■ **Exercise description**
Would you output the entries below only from the line containing "(capacity : ℕ)" through the line containing "(next_id qs' ≡ n)", exactly as they stand and with both ends included?

____

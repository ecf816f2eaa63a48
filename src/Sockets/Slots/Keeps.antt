-- ===== src/Sockets/Slots/Keeps.antt =====
-- The list of queues as a table: the next id, and the element under each id.
use mathlib.Core.Option.{or_else}
use belt_pp.Base.{
  ℕ, suc, ◌^◌, ◌≤◌, ◌<◌, ◌≡◌, refl, sym, ap, ◌∙◌, arith, List, [], Option, none, some, ◌==◌, true,
  false, if◌then◌else◌, ok, ℕ_discrete,
}
use belt_pp.Queue.{Queue, capacity}
use belt_pp.Sockets.Slots.{make_room, push_last, next_id}
use belt_pp.Sockets.Slots.Held.{Segment, look, top, Held, look_above}
use belt_pp.Sockets.Slots.Grow.{HasRoom, next_id-Held, make_room-Widened, push_last-Pushed}

module _ {ℓ} {A : Type ℓ} where
  -- The table with another entry under one id.
  abbrev pub write : (ℕ → Option A) → ℕ → Option A → ℕ → Option A
  write f i o j = if j == i then o else f j

  write_add :
      (f : ℕ → Option A) (i : ℕ) (a : A) (j : ℕ)
      → f i ≡ none
      → or_else (f j) (if j == i then some a else none) ≡ write f i (some a) j
  unfolding or_else
  write_add f i a j free = elim (ℕ_discrete j i) [
    | yes e ↦ let t : (i == i) ≡ true = ground arith in rw (e, t, free) refl
    | no ne ↦ let t : (j == i) ≡ false = ground arith in rw t (go (f j))
  ]
    where
      go : (o : Option A) → or_else o none ≡ o
      go none = refl
      go (some b) = refl

module _ {ℓ} {A : Type ℓ} (blank : A) where
  -- `n` is the next id and `f` the element under each id.
  pub record Keeps (qs : List (Queue A)) (n : ℕ) (f : ℕ → Option A) : Type ℓ where
    pub segments : List (Segment A)
    pub held : Held blank 0 qs segments
    pub same_top : top 0 segments ≡ n
    pub same_look : (j : ℕ) → look segments j ≡ f j

  pub Keeps-nil : Keeps [] 0 (λ j. none)
  Keeps-nil = record { segments = []; held = tt; same_top = refl; same_look = λ j. refl }

  pub Keeps-beyond :
      {qs : List (Queue A)} {n : ℕ} {f : ℕ → Option A} (j : ℕ) → Keeps qs n f → n ≤ j → f j ≡ none
  Keeps-beyond {qs} j k beyond =
      let t = k.same_top in
      sym (k.same_look j) ∙ look_above blank 0 qs k.segments j k.held (omega arith)

  module _ {qs : List (Queue A)} {n : ℕ} {f : ℕ → Option A} where
    pub make_room-Keeps :
        (capacity : ℕ)
        → 0 < capacity
        → capacity ≤ 2 ^ 63
        → Keeps qs n f
        → n < 2 ^ 61
        → (qs' : List (Queue A)) × (make_room blank capacity qs ≡ ok qs')
          × Keeps qs' n f
          × HasRoom qs'
          × (next_id qs' ≡ n)
    make_room-Keeps capacity pos fits k small =
        let t = k.same_top in
        let (qs', run, w) =
          make_room-Widened blank capacity qs k.segments pos fits k.held (omega arith) in
        let t' = w.same_top in
        (
          qs',
          run,
          record {
            segments = w.segments;
            held = w.held;
            same_top = t' ∙ t;
            same_look = λ j. w.same_look j ∙ k.same_look j;
          },
          w.has_room,
          next_id-Held blank 0 qs' w.segments w.held w.has_room (omega arith) ∙ t' ∙ t,
        )

    pub push_last-Keeps :
        (a : A)
        → Keeps qs n f
        → HasRoom qs
        → (qs' : List (Queue A)) × (push_last blank a qs ≡ ok qs')
          × Keeps qs' (suc n) (write f n (some a))
    push_last-Keeps a k room =
        let t = k.same_top in
        let (qs', run, p) = push_last-Pushed blank 0 qs k.segments a k.held room in
        (
          qs',
          run,
          record {
            segments = p.segments;
            held = p.held;
            same_top = p.next_top ∙ ap suc t;
            same_look = λ j.
                p.added j
                ∙ ap (λ o. or_else o (if j == top 0 k.segments then some a else none))
                    (k.same_look j)
                ∙ ap (λ m. or_else (f j) (if j == m then some a else none)) t
                ∙ write_add f n a j (Keeps-beyond n k (omega arith));
          },
        )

____

■ **Result below**
        (capacity : ℕ)
        → 0 < capacity
        → capacity ≤ 2 ^ 63
        → Keeps qs n f
        → n < 2 ^ 61
        → (qs' : List (Queue A)) × (make_room blank capacity qs ≡ ok qs')
          × Keeps qs' n f
          × HasRoom qs'
          × (next_id qs' ≡ n)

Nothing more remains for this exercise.